Sharing critical information
When the EMTs from the five EMS agencies under the Islip Ambulance Chiefs Association arrive at the ferry station Saturday, they will train with firefighters from Sayville and other local departments, Suffolk police and state health, homeland security and police officials, Pasieka said.
Suffolk police will establish and lead an incident command center, just as they would during a real mass-casualty incident. From these stations near incident sites, police, fire and EMS leaders can receive radio transmissions from their respective boots on the ground and share critical information with one another.

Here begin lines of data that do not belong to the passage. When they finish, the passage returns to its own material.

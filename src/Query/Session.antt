-- ===== src/Query/Session.antt =====
-- src/query_api.cpp: the member functions of Session.
use duckdb_data.Query.Types.{
  HttpRequest, HttpResponse, ResultChunk, QueryState, complete, QueryResponse, QueryMode,
  numbered_v3, direct_legacy, Session, QueryError, reauth_required, query_cancelled,
  query_timed_out, transport_failed, cumulative_limit, decoding_failed, invalid_query_id,
  identity_changed, chunk_retrieval_failed, schema_changed, too_many_chunks, chunk_row_mismatch,
  materialization_limit, invalid_row_width, row_count_mismatch, chunk_count_mismatch,
  chain_incomplete, Decoded, decoded, needs_reauth, decode_error, Environment, Run, add64, sub64, M,
  pure, throw, ◌>>=◌, ◌>>◌, throw_if, when, get, modify, Cell,
}
use duckdb_data.Query.Checks.{
  trim_trailing_slash, is_safe_query_id, is_safe_chunk_path, query_id_from_chunk_path,
  same_metadata,
}
use duckdb_data.Base.{
  ℕ, suc, ◌-◌, ◌*◌, min, Bool, true, false, not, ◌&&◌, ◌||◌, Option, none, some, List, [], ◌∷◌,
  ◌++◌, ltb, leb, ◌==◌, if◌then◌else◌, length, Bytes, codes, bytes_eq, is_empty, Result, ok, err,
}

-- The URL of the query, which all that follows the submission is asked of.
abbrev pub query_url : Session → Bytes
query_url s = trim_trailing_slash s.instance_url ++ (codes "/api/v3/query/" ++ s.query_id)

abbrev pub cancellation : Session → HttpRequest
cancellation s = record s.request {
  method = codes "DELETE";
  url = query_url s;
  body = [];
  accept = codes "application/json";
  timeout_ms = s.options.cleanup_timeout_ms;
  max_response_bytes = 64 * 1024;
  cleanup_request = true;
}

-- Cancel. What the transport answers, or throws, is dropped.
unfoldable pub cancel : Run → Run
cancel w =
    if w.session.terminal || w.session.reconciled || not (is_safe_query_id w.session.query_id)
    then w
    else record w {
      session = record w.session { terminal = true };
      turn = suc w.turn;
      sent = cancellation w.session ∷ w.sent;
    }

-- try { … } catch (...) { session.Cancel(); throw; }
abbrev pub cancel_on_error : {A : Type 0} → Result QueryError A × Run → Result QueryError A × Run
cancel_on_error (ok a, w) = (ok a, w)
cancel_on_error (err e, w) = (err e, cancel w)

abbrev pub try_or_cancel : {A : Type 0} → M A → M A
try_or_cancel body w = cancel_on_error (body w)

-- What is left of a budget: `limit - std::min(used, limit)`.
abbrev pub left_of : ℕ → ℕ → ℕ
left_of limit used = limit - min used limit

-- SameMetadata against metadata that may be missing.
abbrev pub schema_differs : Session → QueryResponse → Bool
schema_differs s response = elim response.metadata [
  | [] ↦ false
  | c ∷ cs ↦ not (same_metadata s.metadata (c ∷ cs))
]

abbrev pub is_complete : QueryState → Bool
is_complete complete = true
is_complete _ = false

abbrev pub is_numbered : QueryMode → Bool
is_numbered numbered_v3 = true
is_numbered direct_legacy = false

-- RememberQueryId, in its two halves.
unfoldable pub remember_id : Bytes → M (Unit {0})
remember_id id = do
  s ← get
  when (not (is_empty id)) (
      throw_if (not (is_safe_query_id id)) invalid_query_id
      >> (throw_if (not (is_empty s.query_id) && not (bytes_eq id s.query_id)) identity_changed
          >> modify (λ x. record x { query_id = id })))

unfoldable pub remember_next : Bytes → M (Unit {0})
remember_next next_url = do
  s ← get
  let next_id = query_id_from_chunk_path next_url
  when (is_safe_chunk_path next_url) (
      throw_if (not (is_empty s.query_id) && not (bytes_eq next_id s.query_id)) identity_changed
      >> modify (λ x. record x { query_id = if is_empty x.query_id then next_id else x.query_id }))

unfoldable pub remember_query_id : QueryResponse → M (Unit {0})
unfolding remember_id remember_next
remember_query_id response = do remember_id response.query_id; remember_next response.chunk.next_url

-- The loop over the rows, which adds to `cells` before a later row may throw.
unfoldable pub accept_rows : List (List Cell) → M (Unit {0})
accept_rows [] = pure tt
accept_rows (row ∷ rows) = do
  s ← get
  throw_if (not (length row == length s.metadata)) invalid_row_width
  throw_if (ltb (left_of s.options.max_cells s.cells) (length row)) materialization_limit
  modify λ x. record x { cells = add64 x.cells (length row) }
  accept_rows rows

-- Accept before its loop.
unfoldable pub check_chunk : QueryResponse → M (Unit {0})
check_chunk response = do
  s ← get
  throw_if (not (is_complete response.state)) chunk_retrieval_failed
  throw_if (schema_differs s response) schema_changed
  throw_if (leb s.options.max_chunks s.fetched_chunks) too_many_chunks
  let chunk_rows = length response.chunk.rows
  throw_if (response.has_returned_rows && not (response.returned_rows == chunk_rows))
      chunk_row_mismatch
  throw_if (ltb (left_of s.options.max_rows s.rows) chunk_rows) materialization_limit

-- Accept behind its loop.
unfoldable pub count_chunk : ResultChunk → M ResultChunk
count_chunk chunk = do
  s ← get
  let chunk_rows = length chunk.rows
  throw_if (s.has_expected_rows && ltb (left_of s.expected_rows s.rows) chunk_rows)
      row_count_mismatch
  modify λ x. record x { rows = add64 x.rows chunk_rows; fetched_chunks = add64 x.fetched_chunks 1 }
  pure chunk

-- Accept, which gives the chunk.
unfoldable pub accept : QueryResponse → M ResultChunk
unfolding check_chunk accept_rows count_chunk
accept response =
    check_chunk response >> (accept_rows response.chunk.rows >> count_chunk response.chunk)

-- Finish. The `false` that it returns is left to the callers.
unfoldable pub finish : M (Unit {0})
finish = do
  s ← get
  throw_if
      (is_numbered s.mode && s.has_expected_chunks && not (s.fetched_chunks == s.expected_chunks))
      chunk_count_mismatch
  throw_if (s.has_expected_rows && not (s.rows == s.expected_rows)) row_count_mismatch
  throw_if (not (is_numbered s.mode) && not (is_empty s.next_url)) chain_incomplete
  modify λ x. record x { reconciled = true; terminal = true }

module _ (env : Environment) where
  abbrev pub ask_cancelled : M Bool
  ask_cancelled w = (ok (env.is_cancelled w.turn), record w { turn = suc w.turn })

  abbrev pub ask_now : M ℕ
  ask_now w = (ok (env.now_ms w.turn w.slept_ms), record w { turn = suc w.turn })

  unfoldable pub check_active : M (Unit {0})
  check_active = do
    stop ← ask_cancelled
    throw_if stop query_cancelled
    now ← ask_now
    s ← get
    throw_if (leb s.options.overall_timeout_ms (sub64 now s.started_at_ms)) query_timed_out

  -- transport->Send of the session's request.
  abbrev pub transmit : M (Option HttpResponse)
  transmit w = (
    ok (env.respond w.turn w.session.request),
    record w { turn = suc w.turn; sent = w.session.request ∷ w.sent },
  )

  -- The handler of an exception of the transport.
  unfoldable pub transport_fault : M HttpResponse
  transport_fault = do
    stop ← ask_cancelled
    throw_if stop query_cancelled
    now ← ask_now
    s ← get
    throw_if (leb s.options.overall_timeout_ms (sub64 now s.started_at_ms)) query_timed_out
    throw transport_failed

  -- What becomes of the transport's answer.
  unfoldable pub receive : ℕ → Option HttpResponse → M HttpResponse
  unfolding transport_fault
  receive remaining none = transport_fault
  receive remaining (some response) = do
    throw_if (ltb remaining (length response.body)) cumulative_limit
    modify
        λ x. record x { total_response_bytes = add64 x.total_response_bytes (length response.body) }
    pure response

  -- The limits that the session puts on a request.
  abbrev pub limited : ℕ → Session → HttpRequest
  limited now s = record s.request {
    timeout_ms =
        min s.options.request_timeout_ms
          (sub64 s.options.overall_timeout_ms (sub64 now s.started_at_ms));
    max_response_bytes =
        min s.request.max_response_bytes
          (left_of s.options.max_total_response_bytes s.total_response_bytes);
  }

  -- Send behind its CheckActive.
  unfoldable pub send_active : M HttpResponse
  unfolding receive
  send_active = do
    now ← ask_now
    s ← get
    modify λ x. record x { request = limited now x }
    answer ← transmit
    receive (left_of s.options.max_total_response_bytes s.total_response_bytes) answer

  unfoldable pub send : M HttpResponse
  unfolding check_active send_active
  send = check_active >> send_active

  unfoldable pub decode_fault : M QueryResponse
  decode_fault = do stop ← ask_cancelled; throw_if stop query_cancelled; throw decoding_failed

  unfoldable pub decode_answer : Decoded → M QueryResponse
  unfolding decode_fault
  decode_answer (decoded response) = pure response
  decode_answer needs_reauth = throw reauth_required
  decode_answer decode_error = decode_fault

  unfoldable pub decode : HttpResponse → M QueryResponse
  unfolding decode_answer
  decode response w = decode_answer (env.decode w.turn response) (record w { turn = suc w.turn })
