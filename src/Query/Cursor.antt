-- ===== src/Query/Cursor.antt =====
-- src/query_api.cpp: QueryCursor. A handle that was moved from is `none`. `NextChunk` gives
-- `some chunk` for `true` and `none` for `false`, and `NextArrowChunk` likewise.
use duckdb_data.Query.Types.{
  HttpRequest, HttpResponse, ResultChunk, QueryResponse, Session, QueryError, not_reported,
  cursor_terminal, not_numbered, not_expected, unsafe_chunk_url, materialization_limit,
  row_count_mismatch, chunk_retrieval_failed, reauth_required, Environment, Run, Decoded,
  needs_reauth, add64, mul64, M, pure, throw, ◌>>=◌, ◌>>◌, throw_if, get, modify,
}
use duckdb_data.Query.Checks.{trim_trailing_slash, is_safe_chunk_path, query_id_from_chunk_path}
use duckdb_data.Query.Session.{
  query_url, try_or_cancel, left_of, is_numbered, remember_query_id, accept, finish, check_active,
  send, decode,
}
use duckdb_data.Base.{
  ℕ, suc, ◌/◌, Bool, true, false, not, ◌&&◌, ◌||◌, Option, none, some, List, [], ◌∷◌, ◌++◌, ltb,
  leb, ◌==◌, if◌then◌else◌, length, Bytes, codes, bytes_eq, is_empty, to_string, Result, err,
}

abbrev pub chunk_url : Session → Bytes
chunk_url s = query_url s ++ (codes "/chunks/" ++ to_string s.next_chunk_index)

abbrev pub get_request : Bytes → HttpRequest → HttpRequest
get_request url q = record q { method = codes "GET"; body = []; url = url }

-- visited_urls.insert(url).second.
abbrev pub is_visited : Bytes → List Bytes → Bool
is_visited url [] = false
is_visited url (u ∷ us) = bytes_eq u url || is_visited url us

-- The request for the next numbered chunk: the index moves on before it is sent.
abbrev pub ask_numbered : Run → Run
ask_numbered w =
    let s = w.session in
    record w {
      session = record s {
        request = get_request (chunk_url s) s.request;
        next_chunk_index = add64 s.next_chunk_index 1;
      };
    }

-- The request for the chunk at `next_url`, which is then visited.
abbrev pub ask_followed : Run → Run
ask_followed w =
    let s = w.session in
    record w {
      session = record s {
        visited_urls = s.next_url ∷ s.visited_urls;
        query_id = if is_empty s.query_id then query_id_from_chunk_path s.next_url else s.query_id;
        request = get_request (trim_trailing_slash s.instance_url ++ s.next_url) s.request;
      };
    }

abbrev pub ask_arrow : Session → Session
ask_arrow s = record s {
  request = record (get_request (chunk_url s) s.request) {
    accept = codes "application/vnd.apache.arrow.stream";
  };
}

module _ (env : Environment) where
  -- What the three ways to get a response share.
  unfoldable pub take_response : QueryResponse → M (Option ResultChunk)
  take_response response = do
    remember_query_id response
    check_active env
    chunk ← accept response
    s ← get
    modify λ x. record x { next_url = if is_numbered x.mode then x.next_url else chunk.next_url }
    pure (some chunk)

  abbrev pub fetch : M (Option ResultChunk)
  fetch = do answer ← send env; response ← decode env answer; take_response response

  unfoldable pub next_numbered : M (Option ResultChunk)
  unfolding take_response
  next_numbered w =
      let done = (finish >> pure none) w in
      let more = fetch (ask_numbered w) in
      if leb w.session.expected_chunks w.session.next_chunk_index then done else more

  unfoldable pub next_followed : M (Option ResultChunk)
  unfolding take_response
  next_followed w =
      let next_url = w.session.next_url in
      let done = (finish >> pure none) w in
      let more = fetch (ask_followed w) in
      if is_empty next_url
      then done
      else if not (is_safe_chunk_path next_url) || is_visited next_url w.session.visited_urls
      then throw unsafe_chunk_url w
      else more

  unfoldable pub next_direct : Option QueryResponse → M (Option ResultChunk)
  unfolding next_followed
  next_direct none w = next_followed w
  next_direct (some response) w =
      take_response response (record w { session = record w.session { buffered_direct = none } })

  unfoldable pub next_chunk_body : M (Option ResultChunk)
  unfolding next_numbered next_direct
  next_chunk_body w =
      if is_numbered w.session.mode
      then next_numbered w
      else next_direct w.session.buffered_direct w

  unfoldable pub next_chunk : M (Option ResultChunk)
  unfolding next_chunk_body
  next_chunk w =
      if w.session.arrow_response_outstanding
      then throw not_reported w
      else if w.session.reconciled
      then pure none w
      else if w.session.terminal
      then throw cursor_terminal w
      else try_or_cancel next_chunk_body w

  -- What the codec says of a response whose status is no success, `ReauthRequired` apart, is
  -- dropped.
  abbrev pub chunk_fault : Decoded → QueryError
  chunk_fault needs_reauth = reauth_required
  chunk_fault _ = chunk_retrieval_failed

  unfoldable pub check_status : HttpResponse → M HttpResponse
  check_status response w =
      let fault : Result QueryError HttpResponse × Run =
        (err (chunk_fault (env.decode w.turn response)), record w { turn = suc w.turn }) in
      let kept =
        (check_active env
            >> (modify (λ x. record x { arrow_response_outstanding = true }) >> pure response))
          w in
      if ltb response.status 200 || leb 300 response.status then fault else kept

  -- The request for the next chunk as Arrow, and its answer.
  unfoldable pub fetch_arrow : M (Option HttpResponse)
  unfolding check_status
  fetch_arrow w =
      (send env >>= λ response. check_status response >>= λ kept. pure (some kept))
        (record w { session = ask_arrow w.session })

  unfoldable pub next_arrow_active : M (Option HttpResponse)
  unfolding fetch_arrow
  next_arrow_active w =
      let done = (finish >> pure none) w in
      let more = fetch_arrow w in
      if leb w.session.expected_chunks w.session.next_chunk_index then done else more

  unfoldable pub next_arrow_body : M (Option HttpResponse)
  unfolding next_arrow_active
  next_arrow_body = check_active env >> next_arrow_active

  unfoldable pub next_arrow_chunk : M (Option HttpResponse)
  unfolding next_arrow_body
  next_arrow_chunk w =
      if not (is_numbered w.session.mode)
      then throw not_numbered w
      else if w.session.arrow_response_outstanding
      then throw not_reported w
      else if w.session.reconciled
      then pure none w
      else if w.session.terminal
      then throw cursor_terminal w
      else try_or_cancel next_arrow_body w

  -- Whether the rows that were decoded go over one of the two limits.
  abbrev pub over_limit : Session → ℕ → Bool
  over_limit s decoded_rows =
      ltb (left_of s.options.max_rows s.rows) decoded_rows
      || (not (length s.metadata == 0)
          && ltb (left_of s.options.max_cells s.cells / length s.metadata) decoded_rows)

  unfoldable pub count_arrow_rows : ℕ → M (Unit {0})
  count_arrow_rows decoded_rows = do
    s ← get
    throw_if (over_limit s decoded_rows) materialization_limit
    throw_if (s.has_expected_rows && ltb (left_of s.expected_rows s.rows) decoded_rows)
        row_count_mismatch
    modify λ x. record x {
      rows = add64 x.rows decoded_rows;
      cells = add64 x.cells (mul64 decoded_rows (length x.metadata));
      fetched_chunks = add64 x.fetched_chunks 1;
      next_chunk_index = add64 x.next_chunk_index 1;
      arrow_response_outstanding = false;
    }

  unfoldable pub report_body : ℕ → M (Unit {0})
  unfolding count_arrow_rows
  report_body decoded_rows = check_active env >> count_arrow_rows decoded_rows

  unfoldable pub report_arrow_chunk : ℕ → M (Unit {0})
  unfolding report_body
  report_arrow_chunk decoded_rows w =
      if not w.session.arrow_response_outstanding
      then throw not_expected w
      else try_or_cancel (report_body decoded_rows) w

"Generally ... it's impossible for the police to talk to fire, to talk to EMS, on the same radio channel," Kohlhepp said. This limitation, as well as a scarcity of communications equipment and the confusion of responsibilities among different agencies, were all critiques of the response to the Avianca crash, Newsday reported one year after it.

A drill for a mass casualty incident on the LIRR held in Amagansett, April 21, 2024. Credit: Gordon M. Grant
"You make mistakes and you learn from those, or things work out really well and it reinforces that as a positive behavior," Kohlhepp said. "When it comes to mass casualty or any sort of critical incidents, the best thing we can do to get better at it is to simulate it."
Many of the first responders gathered on Saturday will tend to actors onboard the ferry, while others will help actors who swam to shore or rescue mannequins stranded in the middle of the bay. Chiefs and medical directors will evaluate how EMTs at the scene triage and treat patients with "impalements, burns, blunt injuries, traumas," he said.
"When you do a big thing like this, there's many things that you test out," Pasieka said. "It's very complex and it gives a lot of opportunities for personal evaluation and individual agency evaluation."